I found out later that as benevolent as she was, she had given my child up for adoption. She had decided that she could not provide for the child as well as keep up her activities of love, healing, and sex. All she knew and all I was able to wrangle out of my informant was that the child had been adopted by a loving family somewhere to the west. But to the west of me was the whole bloody world and I had no way of knowing when the west once more became the east.

And so I left my comfortable little room that I had rented with the money one of my anonymous captors/liberators had slipped into my pockets and set out. I assumed that but 'out west' she ment some place in the states and so I boarded the cheapest flight I could out there. I landed in a town call Providence RoadIsland where I saw an ad for a beach house in a tiny town called Narragansett.

And so I found myself living in a small but comfortable two story white house on Kingston. I got a job at a local shop selling jewelry made out of shells the shop's owner found at the beach a few steps away. From the window in the back office you could see the summer beach goers swarming the water and sand for a space to get a tan and show off.

I awoke early each morning and went for a walk on the beach. I liked it this early. Four or five O'clock. No one was ever there and I could sort through my thoughts with the ease only solitude can bring. At seven I would walk back to the house and shower then go to work. I think that the reason we so many customers was due in part to my accent. Many of the teenage girls would come in and giggle after every sentence I spoke. They'd lean on the glass counter tops peering at necklaces that we both knew they'd never buy asking to see this item or weather that bracelet would be a good gift for a friend. And with no trace of my former Slytherin malice I would answer them with whatever they wanted to hear.
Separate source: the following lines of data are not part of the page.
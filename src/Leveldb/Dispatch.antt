-- ===== src/Leveldb/Dispatch.antt =====
-- Read, Scan, Update, Insert and Delete of leveldb/leveldb_db.h, through the method pointers that
-- Init of leveldb/leveldb_db.cc sets by the format. The table's name is not used.
use my_ycsb_cpp.Prelude.{List, Option}
use my_ycsb_cpp.Prelude.Int.{ℤ}
use my_ycsb_cpp.Prelude.Bytes.{Bytes}
use my_ycsb_cpp.Prelude.Outcome.{Outcome}
use my_ycsb_cpp.Db.{Field, Status}
use my_ycsb_cpp.Leveldb.Store.{Kv}
use my_ycsb_cpp.Leveldb.Composite.{
  Format, single_entry, row_major, column_major, read_comp_key_rm, scan_comp_key_rm,
  read_comp_key_cm, scan_comp_key_cm, insert_comp_key, delete_comp_key,
}
use my_ycsb_cpp.Leveldb.Single.{
  read_single_entry, scan_single_entry, update_single_entry, insert_single_entry,
  delete_single_entry,
}
use my_ycsb_cpp.Leveldb.Instance.{LeveldbDb}

module _ (kv : Kv) where
  unfoldable pub method_read :
      Format → LeveldbDb → kv.State → Bytes → Option (List Bytes) → Outcome (Status × List Field)
  unfolding read_single_entry read_comp_key_rm read_comp_key_cm
  method_read single_entry db s key fields = read_single_entry kv s key fields
  method_read row_major db s key fields = read_comp_key_rm kv s db.fieldcount key fields
  method_read column_major db s key fields = read_comp_key_cm kv

  unfoldable pub method_scan :
      Format
      → LeveldbDb
      → kv.State
      → Bytes
      → ℤ
      → Option (List Bytes)
      → Outcome (Status × List (List Field))
  unfolding scan_single_entry scan_comp_key_rm scan_comp_key_cm
  method_scan single_entry db s key len fields = scan_single_entry kv s key len fields
  method_scan row_major db s key len fields = scan_comp_key_rm kv s db.fieldcount key len fields
  method_scan column_major db s key len fields = scan_comp_key_cm kv

  -- An update of a composite format is an insert.
  unfoldable pub method_update :
      Format → LeveldbDb → kv.State → Bytes → List Field → Outcome (Status × kv.State)
  unfolding update_single_entry insert_comp_key
  method_update single_entry db s key values = update_single_entry kv s key values
  method_update row_major db s key values = insert_comp_key kv s row_major key values
  method_update column_major db s key values = insert_comp_key kv s column_major key values

  unfoldable pub method_insert :
      Format → LeveldbDb → kv.State → Bytes → List Field → Outcome (Status × kv.State)
  unfolding insert_single_entry insert_comp_key
  method_insert single_entry db s key values = insert_single_entry kv s key values
  method_insert row_major db s key values = insert_comp_key kv s row_major key values
  method_insert column_major db s key values = insert_comp_key kv s column_major key values

  unfoldable pub method_delete : Format → LeveldbDb → kv.State → Bytes → Outcome (Status × kv.State)
  unfolding delete_single_entry delete_comp_key
  method_delete single_entry db s key = delete_single_entry kv s key
  method_delete row_major db s key =
      delete_comp_key kv s db.fieldcount row_major db.field_prefix key
  method_delete column_major db s key =
      delete_comp_key kv s db.fieldcount column_major db.field_prefix key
I spent my evenings on the computer searching for any reference to my missing April. I learned little except that the child was living somewhere along this coast. I found my self searching the beach patrons for the sight of a child the right age and coloring. Though many came none had the crystal clear blue eyes I was searching for. And I spent two years searching with no trace of her.

It was April again and the child's eleventh birthday loomed ahead of me. Another one that I would miss but some how this one weighed just that more heavily upon me. She would receiver her letter of acceptance into Hogwarts soon. I hoped. If not would she go to an American wizardry school? It might be better that way. She would be able to grow up without my name hanging over her like a stone ready to fall and crush her.

I had made many friends in the sleepy little town and my search from April ebbed off until my searches were perhaps once or twice a week. I search school web pages every Saturday and the first time I missed this by first over sleeping and then going out to have a beer with a few friends of mine, I stayed up most of that night crying but still went surfing on Sunday. Surfing being one of my newer hobbies. But now it was April again and there was still no trace of the child.

I wanted so badly to send an owl to some one at Hogwarts but the fear that I was a wanted man in that part of the world stopped me. Fear kept me from owling wizardry schools in my current country as well. For what would I do if I did find her? I was angry with my self for getting over her but could do nothing about it.

That morning I sat on the shore watching the waves as they rolled the rocks from my feet to the great vast ocean before me. Every wave took something from each stone making it smoother and smaller. Taking bits of it and making it anonymous bit of sand. what few shells washed up were no where near as pretty as the smooth stones and I found my mind concentrating on everything but my daughter. It had come to the point where I was to afraid even to think about her. She old enough now to have formed an opinion of her distant father and I was afraid of whatever that opinion might be.

What if she hated me? What if, because I was so far removed from her life, she hated that fact that I had deserted her? That was how I would have felt.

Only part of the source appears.